This was our second lecture on causality and experimentation, in which we discussed statistical inference and reproducibility for randomized experiments as well as the design and analysis of natural experiments.

The previous lecture provided a high-level overview of experimentation, focusing on randomized experiments as the gold standard for causal inference. In the first part of this lecture we discussed how to reliably design and analyze randomized experiments. We began with a review of statistical inference, following Yakir’s approach of using simulations to look at sampling distributions, point estimates, confidence intervals, hypothesis testing, and power calculations. The basic idea is that you can circumvent a good deal of theory and simulate things directly by repeatedly sampling data to arrive at the usual results for inference and testing. This has the downside that it’s computationally expensive, but the upside that it presents statistics in a clear, concrete, and practical manner. See here for the code, and the visually appealing Seeing Theory site for more.
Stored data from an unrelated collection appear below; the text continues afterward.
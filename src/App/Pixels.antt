-- ===== src/App/Pixels.antt =====
-- app/jpeg_codec.cpp: the colours that `append_yuyv_as_rgb` gives, against the formula of the conversion
-- in numbers that are never negative.
use minicam_hal.Common.{
  ℕ, zero, suc, pos, negsuc, negated, ◌*ℤ◌, ◌+◌, ◌-◌, ◌*◌, ◌/◌, ◌≡◌, ◌≤◌, ◌∙◌, ◌⊎◌, refl, ap, sym,
  subst, min, inl, inr, Bool-cases, ltb, arith, List, [], ◌∷◌, All, length,
}
use minicam_hal.App.Jpeg.{
  sub_nat, ◌+ℤ◌, shift_right, clamp_to_byte, write_pixel, byte_at, append_from, append_yuyv_as_rgb,
}

-- The colours of a pixel, from its Y, U and V; `-` stops at 0.
abbrev pub red : ℕ → ℕ → ℕ
red y v = min ((298 * y + 409 * v - 56992) / 256) 255

abbrev pub green : ℕ → ℕ → ℕ → ℕ
green y u v = min ((298 * y + 34784 - (100 * u + 208 * v)) / 256) 255

abbrev pub blue : ℕ → ℕ → ℕ
blue y u = min ((298 * y + 516 * u - 70688) / 256) 255

-- The bytes of `n` pixels, from pixel `k` on: each pixel has a Y of its own, and a U and a V with its
-- neighbour.
abbrev pub pixels : List ℕ → ℕ → ℕ → List ℕ
pixels yuyv k zero = []
pixels yuyv k (suc n) =
    let y = byte_at yuyv (2 * k) in
    let u = byte_at yuyv (4 * (k / 2) + 1) in
    let v = byte_at yuyv (4 * (k / 2) + 3) in
    red y v ∷ green y u v ∷ blue y u ∷ pixels yuyv (k + 1) n

add-sub_nat : (a b c d : ℕ) → sub_nat a b +ℤ sub_nat c d ≡ sub_nat (a + c) (b + d)
unfolding sub_nat ◌+ℤ◌
add-sub_nat a b c d = ground arith

add_128 : (a b : ℕ) → sub_nat a b +ℤ pos 128 ≡ sub_nat (a + 128) b
unfolding sub_nat ◌+ℤ◌
add_128 a b = ground arith

add-sub_pos : (b c : ℕ) → sub_nat (b + c) b ≡ pos c
unfolding sub_nat
add-sub_pos b c = ground arith

add-sub_neg : (a c : ℕ) → sub_nat a (a + c) ≡ negated c
unfolding sub_nat
add-sub_neg a zero = ground arith
add-sub_neg a (suc c) = ground arith

mul_add : (k a b : ℕ) → k * (a + b) ≡ k * a + k * b
mul_add k a b = grind arith

-- One number is the other and some more.
le-cases : (a b : ℕ) → ((c : ℕ) × (a ≡ b + c)) ⊎ ((c : ℕ) × (b ≡ a + suc c))
le-cases a b = elim (Bool-cases (ltb a b)) [
  | inl e ↦ inr (b - a - 1, ground arith)
  | inr e ↦ inl (a - b, ground arith)
]

mul-sub_nat : (k a b : ℕ) → pos k *ℤ sub_nat a b ≡ sub_nat (k * a) (k * b)
unfolding ◌*ℤ◌
mul-sub_nat k a b = elim (le-cases a b) [
  | inl (c, e) ↦ rw (e, add-sub_pos b c, mul_add k b c, add-sub_pos (k * b) (k * c)) refl
  | inr (c, e) ↦
      rw (e, add-sub_neg a (suc c), mul_add k a (suc c), add-sub_neg (k * a) (k * suc c)) refl
]

neg_mul-sub_nat : (k a b : ℕ) → negsuc k *ℤ sub_nat a b ≡ sub_nat (suc k * b) (suc k * a)
unfolding ◌*ℤ◌
neg_mul-sub_nat k a b = elim (le-cases a b) [
  | inl (c, e) ↦
      rw (e, add-sub_pos b c, mul_add (suc k) b c, add-sub_neg (suc k * b) (suc k * c)) refl
  | inr (c, e) ↦
      rw
        (
          e,
          add-sub_neg a (suc c),
          mul_add (suc k) a (suc c),
          add-sub_pos (suc k * a) (suc k * suc c),
        )
        refl
]

clamp-sub_nat : (a b : ℕ) → clamp_to_byte (shift_right (sub_nat a b)) ≡ min ((a - b) / 256) 255
unfolding sub_nat clamp_to_byte shift_right
clamp-sub_nat a b = ground arith

minus_16 : (y : ℕ) → pos y +ℤ negsuc 15 ≡ sub_nat y 16
unfolding ◌+ℤ◌
minus_16 y = refl

luma_lem : (y : ℕ) → pos 298 *ℤ (pos y +ℤ negsuc 15) ≡ sub_nat (298 * y) 4768
luma_lem y = rw (minus_16 y) (mul-sub_nat 298 y 16)

write_pixel_lem :
    (y u v : ℕ)
    → write_pixel (sub_nat u 128) (sub_nat v 128) (pos y) ≡ red y v ∷ green y u v ∷ blue y u ∷ []
unfolding write_pixel
write_pixel_lem y u v =
    rw
      (
        luma_lem y,
        mul-sub_nat 409 v 128,
        neg_mul-sub_nat 99 u 128,
        neg_mul-sub_nat 207 v 128,
        mul-sub_nat 516 u 128,
        add-sub_nat (298 * y) 4768 (409 * v) (409 * 128),
        add-sub_nat (298 * y) 4768 (100 * 128) (100 * u),
        add-sub_nat (298 * y + 100 * 128) (4768 + 100 * u) (208 * 128) (208 * v),
        add-sub_nat (298 * y) 4768 (516 * u) (516 * 128),
        add_128 (298 * y + 409 * v) (4768 + 409 * 128),
        add_128 (298 * y + 100 * 128 + 208 * 128) (4768 + 100 * u + 208 * v),
        add_128 (298 * y + 516 * u) (4768 + 516 * 128),
        clamp-sub_nat (298 * y + 409 * v + 128) (4768 + 409 * 128),
        clamp-sub_nat (298 * y + 100 * 128 + 208 * 128 + 128) (4768 + 100 * u + 208 * v),
        clamp-sub_nat (298 * y + 516 * u + 128) (4768 + 516 * 128),
      )
      (ground arith)

-- One round of the loop gives two pixels.
append_from-pixels :
    (fuel i j : ℕ) (yuyv : List ℕ)
    → i ≡ 4 * j
    → length yuyv ≤ i + fuel
    → append_from fuel i yuyv ≡ pixels yuyv (2 * j) (2 * (length yuyv / 4 - j))
unfolding append_from
append_from-pixels zero i j yuyv at enough =
    let none_left : 2 * (length yuyv / 4 - j) ≡ 0 = omega (arith, at, enough) in rw none_left refl
append_from-pixels (suc fuel) i j yuyv at enough = elim (Bool-cases (ltb (i + 3) (length yuyv))) [
  | inr e ↦
      let none_left : 2 * (length yuyv / 4 - j) ≡ 0 = ground (arith, at, e) in
      rw (e, none_left) refl
  | inl e ↦
      let more : 2 * (length yuyv / 4 - j) ≡ suc (suc (2 * (length yuyv / 4 - (j + 1)))) =
        ground (arith, at, e) in
      let ih =
        append_from-pixels fuel (i + 4) (j + 1) yuyv (omega (arith, at)) (omega (arith, enough)) in
      let y0 : 2 * (2 * j) ≡ i = omega (arith, at) in
      let y1 : 2 * (2 * j + 1) ≡ i + 2 = omega (arith, at) in
      let even : 4 * (2 * j / 2) ≡ i = omega (arith, at) in
      let odd : 4 * ((2 * j + 1) / 2) ≡ i = omega (arith, at) in
      let next : 2 * j + 1 + 1 ≡ 2 * (j + 1) = omega arith in
      rw
        (
          e,
          more,
          y0,
          y1,
          even,
          odd,
          next,
          ih,
          write_pixel_lem (byte_at yuyv i) (byte_at yuyv (i + 1)) (byte_at yuyv (i + 3)),
          write_pixel_lem (byte_at yuyv (i + 2)) (byte_at yuyv (i + 1)) (byte_at yuyv (i + 3)),
        )
        refl
]

pixels_bounds : (yuyv : List ℕ) (k n : ℕ) → All (λ b. b ≤ 255) (pixels yuyv k n)
pixels_bounds yuyv k zero = tt
pixels_bounds yuyv k (suc n) =
    (omega arith, (omega arith, (omega arith, pixels_bounds yuyv (k + 1) n)))

-- For any bytes, the conversion gives two pixels for each four bytes, in their order, and what is left
-- of them at the end gives none. Pixel `k` has its Y at byte `2 k`, and its U and V at bytes 1 and 3
-- of the four; its red, green and blue are those of the formula, rounded down to 256ths and kept
-- between 0 and 255, which every byte is.
pub append_yuyv-pixels :
    (yuyv : List ℕ)
    → (append_yuyv_as_rgb yuyv ≡ pixels yuyv 0 (2 * (length yuyv / 4)))
      × All (λ b. b ≤ 255) (append_yuyv_as_rgb yuyv)
unfolding append_yuyv_as_rgb
append_yuyv-pixels yuyv =
    let whole : length yuyv / 4 - 0 ≡ length yuyv / 4 = omega arith in
    let same =
      append_from-pixels (length yuyv) 0 0 yuyv (omega arith) (omega arith)
      ∙ ap (λ (n : ℕ). pixels yuyv 0 (2 * n)) whole in
    (same, subst (All (λ b. b ≤ 255)) (sym same) (pixels_bounds yuyv 0 (2 * (length yuyv / 4))))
Then we discussed several ways in which randomized experiments can go wrong, including small samples sizes, multiple hypothesis testing, post-hoc data analysis and p-hacking.
The combination of these effects has led to a replication crisis in the social sciences, wherein researchers have found that a number of published experimental findings have failed to replicate in followup studies.
Following Felix Schönbrodt’s excellent blog post, we discussed how underpowered studies lead to false discoveries.
While these issues are complex, there are few best practices (e.g., running pilot studies followed by pre-registration of high-powered, large-scale experiments) that can help mitigate these concerns.
Registered reports are a particularly attractive solution, wherein researchers write up and submit an experimental study for peer review *before* the study is conducted.
Reviewers make an acceptance decision at this point based on the merit of the study, and, if accepted, it is published regardless of the results.
Finally, we briefly touched on ethical and practical concerns of running randomized experiments, looking at Facebook’s study of emotional contagion and Kohavi et. al.’s practical tips for running A/B tests.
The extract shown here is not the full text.